For our first experiments, we recorded different groove elements for each of 6 robotic percussion instruments and merged them to a training dataset for M4L.RhythmVAE consisting of 448 bars. As partner instrument for the VAE percussion and input for Latent Space Explorer one of the authors played an alto saxophone (cf. video 1).
Video 2 shows the training phase with four different musical actions on the saxophone mapped to certain latent space positions.
In this paper we presented a Max4Live device to interactively explore latent spaces of generative VAE. Our initial experiments glimpse the musical potential of this approach, although further developmental steps and evaluations e.g. regarding the size of the training sets and relevant features are needed to make more accurate conclusions.
For now, the Latent Space Explorer can be trained to generate a specific position for a certain musical action, e.g. playing fast, high notes with low ambitus means position xy. But what about other ways of navigating? For example the described musical input (fast, high notes) would not stand for a certain position, but for a certain way of moving through the latent space. Fast, high notes could be moving in positive x direction.
As with our previous work , we are planning to keep the musician’s perspective to increase the creative freedom for the AI-collaborator as much as possible. As a useful extension in future work in this project we see the addition of further input modalities such as body posture or EEG data.

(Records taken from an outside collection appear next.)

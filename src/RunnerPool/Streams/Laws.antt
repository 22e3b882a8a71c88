-- ===== src/RunnerPool/Streams/Laws.antt =====
-- internal/service/pool.go: the load counters through each operation.
use gen_runner.Prelude.{
  ℕ, zero, suc, ◌+◌, ◌-◌, ◌<◌, ◌≡◌, refl, sym, ◌∙◌, subst, inl, inr, Bool, Option, none, some, List,
  [], ◌∷◌, ◌++◌, arith, ◌==◌, if◌then◌else◌, Bool-cases, Option-cases, length, is_empty, set, All,
  length-append, length-set,
}
use gen_runner.Text.{Text, trim_space}
use gen_runner.Dict.{
  Dict, lookup, insert, delete, Entries, insert-Entries, delete-Entries, lookup-Entries,
}
use gen_runner.RunnerPool.{
  Client, Pool, get_or_create_inflight, store_client, get_client, forget_counters, counter_at,
  load_counter, add_counter, sub_counter,
}
use gen_runner.RunnerPool.Streams.{
  System, count, hold_counter, begin_stream, release, end_stream, send_to_client, send_on_runner,
}

counter_at-append : (ns : List ℕ) (ref : ℕ) → counter_at (ns ++ 0 ∷ []) ref ≡ counter_at ns ref
unfolding counter_at
counter_at-append [] zero = refl
counter_at-append [] (suc ref) = refl
counter_at-append (n ∷ ns) zero = refl
counter_at-append (n ∷ ns) (suc ref) = counter_at-append ns ref

counter_at-set :
    (ns : List ℕ) (i v j : ℕ)
    → i < length ns
    → counter_at (set ns i v) j ≡ (if i == j then v else counter_at ns j)
unfolding counter_at
counter_at-set [] i v j h = absurd (omega arith)
counter_at-set (n ∷ ns) zero v zero h = refl
counter_at-set (n ∷ ns) zero v (suc j) h = ground arith
counter_at-set (n ∷ ns) (suc i) v zero h = ground arith
counter_at-set (n ∷ ns) (suc i) v (suc j) h = ground (arith, counter_at-set ns i v j)

count-release :
    (ref j : ℕ) (rs : List ℕ)
    → 0 < count ref rs
    → count j (release ref rs) ≡ (if ref == j then count j rs - 1 else count j rs)
unfolding count release
count-release ref j [] h = absurd (omega arith)
count-release ref j (r ∷ rs) h = ground (arith, count-release ref j rs)

release-All : (n ref : ℕ) (rs : List ℕ) → All (λ r. r < n) rs → All (λ r. r < n) (release ref rs)
unfolding release
release-All n ref [] h = tt
release-All n ref (r ∷ rs) h = ground (arith, release-All n ref rs h.1)

count_pos-lt : (n ref : ℕ) (rs : List ℕ) → All (λ r. r < n) rs → 0 < count ref rs → ref < n
unfolding count
count_pos-lt n ref [] h k = absurd (omega arith)
count_pos-lt n ref (r ∷ rs) h k = ground (arith, count_pos-lt n ref rs h.1)

pub count_fresh : (n : ℕ) (rs : List ℕ) → All (λ r. r < n) rs → count n rs ≡ 0
unfolding count
count_fresh n [] h = refl
count_fresh n (r ∷ rs) h = ground (arith, count_fresh n rs h.1)

abbrev pub InStore : ℕ → Text → ℕ → Type 0
InStore n k ref = ref < n

-- The references are in the store, and every counter is the number of streams that hold it.
pub record IsCounted (s : System) : Type 0 where
  pub filed : Entries (InStore (length s.pool.counters)) s.pool.inflight
  pub in_store : All (λ r. r < length s.pool.counters) s.held
  pub exact : (ref : ℕ) → load_counter s.pool ref ≡ count ref s.held

Entries-grow : (n : ℕ) (m : Dict ℕ) → Entries (InStore n) m → Entries (InStore (suc n)) m
Entries-grow n [] h = tt
Entries-grow n ((k, r) ∷ m) h = (omega arith, Entries-grow n m h.1)

All-grow : (n : ℕ) (rs : List ℕ) → All (λ r. r < n) rs → All (λ r. r < suc n) rs
All-grow n [] h = tt
All-grow n (r ∷ rs) h = (omega arith, All-grow n rs h.1)

length-snoc : (ns : List ℕ) → length (ns ++ 0 ∷ []) ≡ suc (length ns)
length-snoc ns = omega (arith, length-append ns (0 ∷ []))

pub inflight-IsCounted :
    (s : System) (addr : Text)
    → IsCounted s
    → let r = get_or_create_inflight s.pool addr in
      IsCounted (record s { pool = r.0 }) × (r.1 < length (r.0.counters))
unfolding get_or_create_inflight load_counter
inflight-IsCounted s addr c = elim (Option-cases (lookup addr s.pool.inflight)) [
  | inr (ref, e) ↦
      rw (e, get_or_create_inflight)
        (c, lookup-Entries (InStore (length s.pool.counters)) addr ref s.pool.inflight e c.filed)
  | inl e ↦
      let ns = s.pool.counters in
      rw (e, get_or_create_inflight)
        (
          record {
            filed = rw (length-snoc ns) (
                insert-Entries (InStore (suc (length ns))) addr (length ns) s.pool.inflight
                  (omega arith) (Entries-grow (length ns) s.pool.inflight c.filed));
            in_store = rw (length-snoc ns) (All-grow (length ns) s.held c.in_store);
            exact = λ ref. counter_at-append ns ref ∙ c.exact ref;
          },
          omega (arith, length-snoc ns),
        )
]

pub hold_counter-IsCounted :
    (s : System) (ref : ℕ)
    → ref < length s.pool.counters
    → IsCounted s
    → IsCounted (hold_counter s ref)
unfolding hold_counter add_counter load_counter count
hold_counter-IsCounted s ref fits c =
    let ns = s.pool.counters in
    let len = length-set ns ref (counter_at ns ref + 1) in
    record {
      filed = rw len c.filed;
      in_store = (rw len fits, subst (λ n. All (λ r. r < n) s.held) (sym len) c.in_store);
      exact = λ j.
          counter_at-set ns ref (counter_at ns ref + 1) j fits
          ∙ ground (arith, c.exact j, c.exact ref);
    }

pub begin_stream-IsCounted :
    (s : System) (addr : Text) → IsCounted s → IsCounted (begin_stream s addr)
unfolding begin_stream
begin_stream-IsCounted s addr c =
    let r = get_or_create_inflight s.pool addr in
    let (c', fits) = inflight-IsCounted s addr c in
    hold_counter-IsCounted (record s { pool = r.0 }) (r.1) fits c'

pub end_stream-IsCounted :
    (s : System) (ref : ℕ) → 0 < count ref s.held → IsCounted s → IsCounted (end_stream s ref)
unfolding end_stream sub_counter load_counter
end_stream-IsCounted s ref h c =
    let ns = s.pool.counters in
    let fits = count_pos-lt (length ns) ref s.held c.in_store h in
    let len = length-set ns ref (counter_at ns ref - 1) in
    record {
      filed = rw len c.filed;
      in_store = rw len (release-All (length ns) ref s.held c.in_store);
      exact = λ j.
          counter_at-set ns ref (counter_at ns ref - 1) j fits
          ∙ ground (arith, c.exact j, c.exact ref, count-release ref j s.held h);
    }

-- A pool with the same store and no more references than before.
pub same_store-IsCounted :
    (s : System) (p : Pool)
    → p.counters ≡ s.pool.counters
    → (Entries (InStore (length s.pool.counters)) s.pool.inflight
        → Entries (InStore (length s.pool.counters)) p.inflight)
    → IsCounted s
    → IsCounted (record s { pool = p })
unfolding load_counter
same_store-IsCounted s p e keeps c = record {
  filed = rw e (keeps c.filed);
  in_store = rw e c.in_store;
  exact = λ ref. rw e (c.exact ref);
}

pub get_client-IsCounted :
    (dial : Text → Bool) (s : System) (addr : Text)
    → IsCounted s
    → IsCounted (record s { pool = (get_client dial s.pool addr).0 })
unfolding get_client store_client
get_client-IsCounted dial s addr c = elim (Option-cases (lookup addr s.pool.clients)) [
  | inr (k, e) ↦ rw (e, get_client) c
  | inl e ↦ elim (Bool-cases (dial addr)) [
    | inr d ↦ rw (e, get_client) (rw d c)
    | inl d ↦
        let p = record s.pool {
          clients = insert addr (record { dialled = addr }) s.pool.clients;
        } in
        rw (e, get_client)
          (rw d
            (inflight-IsCounted (record s { pool = p }) addr
              (same_store-IsCounted s p refl (λ f. f) c)).0)
  ]
]

send_to_client-IsCounted :
    (s : System) (addr : Text) (r : Pool × Option Client)
    → IsCounted (record s { pool = r.0 })
    → IsCounted (send_to_client s addr r)
unfolding send_to_client
send_to_client-IsCounted s addr (p, none) c = c
send_to_client-IsCounted s addr (p, some k) c =
    begin_stream-IsCounted (record s { pool = p }) addr c

pub send_on_runner-IsCounted :
    (dial : Text → Bool) (s : System) (addr : Text)
    → IsCounted s
    → IsCounted (send_on_runner dial s addr)
unfolding send_on_runner
send_on_runner-IsCounted dial s addr c = elim (Bool-cases (is_empty (trim_space addr))) [
  | inl e ↦ rw e c
  | inr e ↦ rw e (
      send_to_client-IsCounted s (trim_space addr) (get_client dial s.pool (trim_space addr))
        (get_client-IsCounted dial s (trim_space addr) c))
]

pub forget_counters-Entries :
    (n : ℕ) (clients : Dict Client) (m : Dict ℕ)
    → Entries (InStore n) m
    → Entries (InStore n) (forget_counters clients m)
unfolding forget_counters
forget_counters-Entries n [] m h = h
forget_counters-Entries n ((a, c) ∷ cs) m h =
    forget_counters-Entries n cs (delete a m) (delete-Entries (InStore n) a m h)
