-- ===== src/RunnerPool/Streams/Picks.antt =====
-- internal/service/pool.go: the load counters through `pickRunner`.
use gen_runner.Prelude.{
  ℕ, refl, Bool, true, false, Option, none, some, List, [], ◌∷◌, if◌then◌else◌,
}
use gen_runner.Text.{Text}
use gen_runner.Registry.{Registry, get_enabled_addresses}
use gen_runner.RunnerPool.{Client, Pool, get_client, record_probe_failure, record_probe_success}
use gen_runner.RunnerPool.Probe.{
  ProbeResponse, Answer, failed, nil_response, answered, Env, Candidate, candidate_at,
  candidate_from_runner_probe, probe_with_client, probe_client, probe_runner_address,
}
use gen_runner.RunnerPool.Pick.{
  Picked, picked, refused, Sorted, add_cached, cached, sort_one, sort_all, add_found, probe_all,
  fall_back, pick_among, pick_runner,
}
use gen_runner.RunnerPool.Streams.{System, send_picked}
use gen_runner.RunnerPool.Streams.Laws.{
  IsCounted, inflight-IsCounted, begin_stream-IsCounted, same_store-IsCounted, get_client-IsCounted,
}

pub send_picked-IsCounted :
    (s : System) (r : Pool × Picked)
    → IsCounted (record s { pool = r.0 })
    → IsCounted (send_picked s r)
unfolding send_picked
send_picked-IsCounted s (p, refused e) c = c
send_picked-IsCounted s (p, picked k) c = begin_stream-IsCounted (record s { pool = p }) k.addr c

module _ (held : List ℕ) where
  -- A pool whose counters count these streams.
  abbrev Counts : Pool → Type 0
  Counts p = IsCounted (record { pool = p; held = held })

  Counts-if {ℓ} :
      {A : Type ℓ} (pool_of : A → Pool) (b : Bool) (x y : A)
      → Counts (pool_of x)
      → Counts (pool_of y)
      → Counts (pool_of (if b then x else y))
  Counts-if pool_of true x y c d = c
  Counts-if pool_of false x y c d = d

  record_probe_failure-Counts :
      (p : Pool) (now : ℕ) (addr : Text) → Counts p → Counts (record_probe_failure p now addr)
  unfolding record_probe_failure
  record_probe_failure-Counts p now addr c =
      same_store-IsCounted (record { pool = p; held = held }) _ refl (λ f. f) c

  record_probe_success-Counts :
      (p : Pool) (now : ℕ) (addr : Text) (models : List Text) (gpu : ℕ)
      → Counts p
      → Counts (record_probe_success p now addr models gpu)
  unfolding record_probe_success
  record_probe_success-Counts p now addr models gpu c =
      same_store-IsCounted (record { pool = p; held = held }) _ refl (λ f. f) c

  candidate_at-Counts :
      (p : Pool) (addr : Text) (k : Client) (gpu : ℕ)
      → Counts p
      → Counts (candidate_at p addr k gpu).0
  unfolding candidate_at
  candidate_at-Counts p addr k gpu c =
      (inflight-IsCounted (record { pool = p; held = held }) addr c).0

  candidate_from_runner_probe-Counts :
      (p : Pool) (now : ℕ) (addr : Text) (k : Client) (o : Option ProbeResponse) (model : Text)
      (b : Bool)
      → Counts p
      → Counts (candidate_from_runner_probe p now addr k o model b).0
  unfolding candidate_from_runner_probe
  candidate_from_runner_probe-Counts p now addr k none model b c =
      record_probe_failure-Counts p now addr c
  candidate_from_runner_probe-Counts p now addr k (some r) model b c =
      let known = record_probe_success-Counts p now addr _ _ c in
      Counts-if (λ (r : Pool × Option Candidate). r.0) _ _ _
        (record_probe_failure-Counts p now addr c)
        (Counts-if (λ (r : Pool × Option Candidate). r.0) _ _ _ known
          (candidate_at-Counts _ addr k _ known))

  probe_with_client-Counts :
      (env : Env) (p : Pool) (addr : Text) (k : Client) (a : Answer) (model : Text) (b : Bool)
      → Counts p
      → Counts (probe_with_client env p addr k a model b).0
  unfolding probe_with_client
  probe_with_client-Counts env p addr k failed model b c =
      record_probe_failure-Counts p (env.time_of addr) addr c
  probe_with_client-Counts env p addr k nil_response model b c =
      candidate_from_runner_probe-Counts p (env.time_of addr) addr k none model b c
  probe_with_client-Counts env p addr k (answered r) model b c =
      candidate_from_runner_probe-Counts p (env.time_of addr) addr k (some r) model b c

  probe_client-Counts :
      (env : Env) (r : Pool × Option Client) (addr model : Text) (b : Bool)
      → Counts (r.0)
      → Counts (probe_client env r addr model b).0
  unfolding probe_client
  probe_client-Counts env (p, none) addr model b c = c
  probe_client-Counts env (p, some k) addr model b c =
      probe_with_client-Counts env p addr k (env.probe addr) model b c

  probe_runner_address-Counts :
      (env : Env) (p : Pool) (addr model : Text) (b : Bool)
      → Counts p
      → Counts (probe_runner_address env p addr model b).0
  unfolding probe_runner_address
  probe_runner_address-Counts env p addr model b c =
      probe_client-Counts env (get_client env.dial p addr) addr model b
        (get_client-IsCounted env.dial (record { pool = p; held = held }) addr c)

  add_cached-Counts :
      (s : Sorted) (addr : Text) (gpu : ℕ) (r : Pool × Option Client)
      → Counts (r.0)
      → Counts (add_cached s addr gpu r).pool
  unfolding add_cached
  add_cached-Counts s addr gpu (p, none) c = c
  add_cached-Counts s addr gpu (p, some k) c = candidate_at-Counts p addr k gpu c

  sort_one-Counts :
      (dial : Text → Bool) (now : ℕ) (model addr : Text) (s : Sorted)
      → Counts s.pool
      → Counts (sort_one dial now model addr s).pool
  unfolding sort_one cached
  sort_one-Counts dial now model addr s c =
      Counts-if (λ (t : Sorted). t.pool) _ _ _
        (Counts-if (λ (t : Sorted). t.pool) _ _ _ c
          (add_cached-Counts s addr _ (get_client dial s.pool addr)
            (get_client-IsCounted dial (record { pool = s.pool; held = held }) addr c)))
        (Counts-if (λ (t : Sorted). t.pool) _ _ _ c c)

  sort_all-Counts :
      (dial : Text → Bool) (now : ℕ) (model : Text) (addrs : List Text) (s : Sorted)
      → Counts s.pool
      → Counts (sort_all dial now model addrs s).pool
  unfolding sort_all
  sort_all-Counts dial now model [] s c = c
  sort_all-Counts dial now model (addr ∷ addrs) s c =
      sort_all-Counts dial now model addrs (sort_one dial now model addr s)
        (sort_one-Counts dial now model addr s c)

  probe_all-Counts :
      (env : Env) (model : Text) (b : Bool) (addrs : List Text) (p : Pool) (found : List Candidate)
      → Counts p
      → Counts (probe_all env model b addrs p found).0
  unfolding probe_all
  probe_all-Counts env model b [] p found c = c
  probe_all-Counts env model b (addr ∷ addrs) p found c =
      let r = probe_runner_address env p addr model b in
      probe_all-Counts env model b addrs (r.0) (add_found found (r.1))
        (probe_runner_address-Counts env p addr model b c)

  fall_back-Counts :
      (env : Env) (schedule : List Text → List Text) (addrs : List Text) (model : Text)
      (r : Pool × List Candidate)
      → Counts (r.0)
      → Counts (fall_back env schedule addrs model r).0
  unfolding fall_back
  fall_back-Counts env schedule addrs model (p, []) c =
      probe_all-Counts env model false (schedule addrs) p [] c
  fall_back-Counts env schedule addrs model (p, k ∷ found) c = c

  pick_among-Counts :
      (first second_round : Env) (schedule : List Text → List Text) (now : ℕ) (addrs : List Text)
      (model : Text) (p : Pool)
      → Counts p
      → Counts (pick_among first second_round schedule now addrs model p).0
  unfolding pick_among
  pick_among-Counts first second_round schedule now [] model p c = c
  pick_among-Counts first second_round schedule now (a ∷ addrs) model p c =
      fall_back-Counts second_round schedule (a ∷ addrs) model _ (
        probe_all-Counts first model true _ _ _ (
          sort_all-Counts first.dial now model (a ∷ addrs)
            (record { pool = p; from_cache = []; to_probe = [] }) c))

  pub pick_runner-IsCounted :
      (first second_round : Env) (schedule : List Text → List Text) (now : ℕ) (registry : Registry)
      (model : Text) (p : Pool)
      → IsCounted (record { pool = p; held = held })
      → IsCounted (record {
        pool = (pick_runner first second_round schedule now registry model p).0;
        held = held;
      })
  unfolding pick_runner
  pick_runner-IsCounted first second_round schedule now registry model p c =
      pick_among-Counts first second_round schedule now (get_enabled_addresses registry) model p c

Regarding the generated rhythms, we are planning a feedback mechanism that recognizes newly played rhythms during a performance and integrates them into the dataset. A switch away from VAE to more open network architectures e.g. using deep reinforcement learning  might also be helpful to achieve these further development steps.
The authors declare that the work presented was conducted in the absence of any conflict of interest (related to either commercial, financial or personal relationships) and in line with Principles & Code of Practice on Ethical Research. This material is based upon work in part supported by a grant from anonymous.